*** Begin section ***

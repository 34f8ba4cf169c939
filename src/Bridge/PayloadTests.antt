-- ===== src/Bridge/PayloadTests.antt =====
-- The text that the oracle signs, at a concrete withdrawal whose nonce has a colon.
use sysbreak_trust.Base.{ℕ, ◌≡◌, refl, arith, Text, bytes, to_string, sym, ◌∙◌}
use sysbreak_trust.Bridge.Helpers.{withdrawal_payload}
use sysbreak_trust.Bridge.Payload.{payload_tells_all}

abbrev signed : Text
signed = bytes "withdraw:sys-1:bridge:1700:ab:player:2000:19900"

payload_text :
    withdrawal_payload
      (bytes "sys-1")
      (bytes "bridge")
      (bytes "1700:ab")
      (bytes "player")
      2000
      19_900
    ≡ signed
unfolding withdrawal_payload to_string
payload_text = refl

payload_tells_all_example :
    (bytes "sys-1" ≡ bytes "sys-1")
    × (bytes "bridge" ≡ bytes "bridge")
    × (bytes "1700:ab" ≡ bytes "1700:ab")
    × (bytes "player" ≡ bytes "player")
    × (◌≡◌ {A = ℕ} 2000 2000)
    × (◌≡◌ {A = ℕ} 19_900 19_900)
payload_tells_all_example =
    payload_tells_all (bytes "sys-1") (bytes "bridge") (bytes "1700:ab") (bytes "player")
      (bytes "sys-1") (bytes "bridge") (bytes "1700:ab") (bytes "player") 2000 19_900 2000 19_900
      refl refl refl refl refl refl (omega arith) (omega arith) (omega arith) (omega arith)
      (payload_text ∙ sym payload_text)
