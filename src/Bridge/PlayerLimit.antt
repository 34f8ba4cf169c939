-- ===== src/Bridge/PlayerLimit.antt =====
-- The limits of each player, over histories: the daily limit and the cooldown.
use sysbreak_trust.Base.{
  ℕ, ◌+◌, ◌*◌, ◌≤◌, ◌<◌, ◌≡◌, arith, ok, some, none, List, [], ◌∷◌, ◌++◌, Text, eqb, eqb_iff,
  if◌then◌else◌, Option, find, find-save, number_key, ◌∙◌, nanos_per_second, unwrap_or, is_ok, true,
  Bool-cases, inl, inr,
}
use mathlib.Core.Path.{subst}
use sysbreak_trust.Host.{Addr, Env, MessageInfo, Deps, Response}
use sysbreak_trust.Bridge.State.{Config, Storage, ExecuteMsg}
use sysbreak_trust.Bridge.Helpers.{check_player_limits, window_loop}
use sysbreak_trust.Bridge.Withdraw.{authorize, execute_withdraw}
use sysbreak_trust.Bridge.Trace.{Withdrawal, as_record, logged, Reach}
use sysbreak_trust.Bridge.Frame.{
  SameBooks, Withdrawn, execute_withdraw-Withdrawn, cutoff_of, entry_of,
}
use sysbreak_trust.Bridge.Induction.{Blank, Reach-induction}
use sysbreak_trust.Bridge.Window.{
  share, list_sum, list_sum-append, window_loop-total, window_loop-active,
}

-- The credits that a player withdrew from `cutoff` on, and when the player last withdrew.
abbrev pub player_window : Addr → ℕ → List Withdrawal → ℕ
player_window p cutoff [] = 0
player_window p cutoff (w ∷ h) =
    (if eqb w.player p then share cutoff (as_record w) else 0) + player_window p cutoff h

abbrev pub last_time : Addr → List Withdrawal → Option ℕ
last_time p [] = none
last_time p (w ∷ h) = if eqb w.player p then some w.time else last_time p h

-- The records of every player agree with the history.
pub record IsTracked (s : Storage) (h : List Withdrawal) (now : ℕ) : Type 0 where
  pub summed :
      (p : Addr) (cutoff : ℕ)
      → cutoff_of now ≤ cutoff
      → list_sum cutoff (unwrap_or [] (find p s.player_withdrawals)) ≡ player_window p cutoff h
  pub last : (p : Addr) → find p s.player_last_withdrawal ≡ last_time p h

Blank-IsTracked : (s : Storage) (now : ℕ) → Blank s → IsTracked s [] now
unfolding find
Blank-IsTracked s now b = record {
  summed = λ p cutoff le. rw (b.player_withdrawals);
  last = λ p. rw (b.player_last_withdrawal);
}

SameBooks-IsTracked :
    (s s' : Storage) (h : List Withdrawal) (now now' : ℕ)
    → SameBooks s s'
    → now ≤ now'
    → IsTracked s h now
    → IsTracked s' h now'
SameBooks-IsTracked s s' h now now' b later k = record {
  summed = λ p cutoff le. rw (b.player_withdrawals) (k.summed p cutoff (omega arith));
  last = λ p. rw (b.player_last_withdrawal) (k.last p);
}

Withdrawn-IsTracked :
    (d : Deps) (env : Env) (info : MessageInfo) (nonce : Text) (credits tokens : ℕ)
    (signature : Text) (s s' : Storage) (r : Response) (h : List Withdrawal) (now : ℕ)
    → Withdrawn d env info nonce credits tokens signature s s' r
    → now ≤ env.time
    → IsTracked s h now
    → IsTracked s' (logged env info (ExecuteMsg.withdraw nonce credits tokens signature) h) env.time
Withdrawn-IsTracked d env info nonce credits tokens signature s s' r h now w later k =
    let old = unwrap_or [] (find info.sender s.player_withdrawals) in
    let kept = (window_loop (cutoff_of env.time) old [] 0).0 in
    let entry = entry_of credits env.time ∷ [] in
    record {
      summed = λ p cutoff late.
          rw
            (
              w.recorded.player_withdrawals,
              find-save info.sender p (kept ++ entry) s.player_withdrawals,
            )
            (elim (Bool-cases (eqb info.sender p)) [
              | inl own ↦
                  let is_own : info.sender ≡ p = (eqb_iff info.sender p).0 own in
                  let before =
                    subst (λ q. list_sum cutoff old ≡ player_window q cutoff h) is_own
                      (k.summed info.sender cutoff (omega arith)) in
                  rw own (
                    omega (
                      arith,
                      before,
                      list_sum-append cutoff kept entry,
                      window_loop-active (cutoff_of env.time) cutoff old [] 0 late,
                    ))
              | inr other ↦ rw other (omega (arith, k.summed p cutoff (omega arith)))
            ]);
      last = λ p.
          rw
            (
              w.recorded.player_last_withdrawal,
              find-save info.sender p env.time s.player_last_withdrawal,
            )
            (ground (arith, k.last p));
    }

-- In every history the records of each player have the sums of the history.
pub Reach-IsTracked :
    {s : Storage} {h : List Withdrawal} {now : ℕ} → Reach s h now → IsTracked s h now
Reach-IsTracked = Reach-induction IsTracked Blank-IsTracked SameBooks-IsTracked Withdrawn-IsTracked

module _ (d : Deps) (env : Env) (info : MessageInfo) (config : Config) (nonce : Text)
    (credits tokens : ℕ) (signature : Text) (s : Storage) (fee : ℕ) where
  -- The checks of the player are among those that a withdrawal passes.
  authorize-player :
      authorize d env info config nonce credits tokens signature s ≡ ok fee
      → is_ok (check_player_limits s env info.sender credits config) ≡ true
  unfolding authorize
  authorize-player h = ground arith

-- What a passed check says of the stored records.
module _ (s : Storage) (env : Env) (player : Addr) (credits : ℕ) (config : Config) where
  check_player_limits-room :
      0 < credits
      → is_ok (check_player_limits s env player credits config) ≡ true
      → list_sum (cutoff_of env.time) (unwrap_or [] (find player s.player_withdrawals)) + credits
        ≤ config.player_daily_limit
  unfolding check_player_limits
  check_player_limits-room pos h = ground (
    arith,
    window_loop-total (cutoff_of env.time) (unwrap_or [] (find player s.player_withdrawals)) [] 0,
  )

  check_player_limits-cooldown :
      (last : ℕ)
      → find player s.player_last_withdrawal ≡ some last
      → is_ok (check_player_limits s env player credits config) ≡ true
      → last + config.cooldown_seconds * nanos_per_second ≤ env.time
  unfolding check_player_limits
  check_player_limits-cooldown last e h = ground arith

module _ (d : Deps) (env : Env) (info : MessageInfo) (nonce : Text) (credits tokens : ℕ)
    (signature : Text) {s s' : Storage} {r : Response} {h : List Withdrawal} {now : ℕ}
    {config : Config} (reached : Reach s h now) (later : now ≤ env.time)
    (e : s.config ≡ some config)
    (k : execute_withdraw d env info nonce credits tokens signature s ≡ ok (s', r)) where
  -- In every history, when a withdrawal succeeds, the credits that its player withdrew in the day
  -- that ends with it, itself included, are within the player's daily limit that is then set.
  pub player_limit_kept :
      player_window info.sender
        (cutoff_of env.time)
        (logged env info (ExecuteMsg.withdraw nonce credits tokens signature) h)
      ≤ config.player_daily_limit
  player_limit_kept =
      let w = execute_withdraw-Withdrawn d env info nonce credits tokens signature s s' r k in
      let same : w.config ≡ config = cc (w.stored) in
      let passed =
        authorize-player d env info w.config nonce credits tokens signature s w.fee w.authorized in
      let room = check_player_limits-room s env info.sender credits w.config w.credits_pos passed in
      let sum = (Reach-IsTracked reached).summed info.sender (cutoff_of env.time) (omega arith) in
      rw (← same) (ground (arith, sum, room))

  -- In every history, a withdrawal that succeeds comes at least the cooldown that is then set
  -- after the last withdrawal of its player, if there was one.
  pub cooldown_kept :
      (last : ℕ)
      → last_time info.sender h ≡ some last
      → last + config.cooldown_seconds * nanos_per_second ≤ env.time
  cooldown_kept last at =
      let w = execute_withdraw-Withdrawn d env info nonce credits tokens signature s s' r k in
      let same : w.config ≡ config = cc (w.stored) in
      let passed =
        authorize-player d env info w.config nonce credits tokens signature s w.fee w.authorized in
      rw (← same) (
        check_player_limits-cooldown s env info.sender credits w.config last
          ((Reach-IsTracked reached).last info.sender ∙ at) passed)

*** End section ***

- [PROBLEM REQUIREMENTS] Everything from the line containing "rw (← same) (ground (arith, sum, room))" through the final line above must be copied exactly, with both ends kept.

- [ANSWER SPACE]
      rw (← same) (ground (arith, sum, room))

  -- In every history, a withdrawal that succeeds comes at least the cooldown that is then set
  -- after the last withdrawal of its player, if there was one.
  pub cooldown_kept :
      (last : ℕ)
      → last_time info.sender h ≡ some last
      → last + config.cooldown_seconds * nanos_per_second ≤ env.time
  cooldown_kept last at =
      let w = execute_withdraw-Withdrawn d env info nonce credits tokens signature s s' r k in
      let same : w.config ≡ config = cc (w.stored) in
      let passed =
        authorize-player d env info w.config nonce credits tokens signature s w.fee w.authorized in
      rw (← same) (
        check_player_limits-cooldown s env info.sender credits w.config last
          ((Reach-IsTracked reached).last info.sender ∙ at) passed)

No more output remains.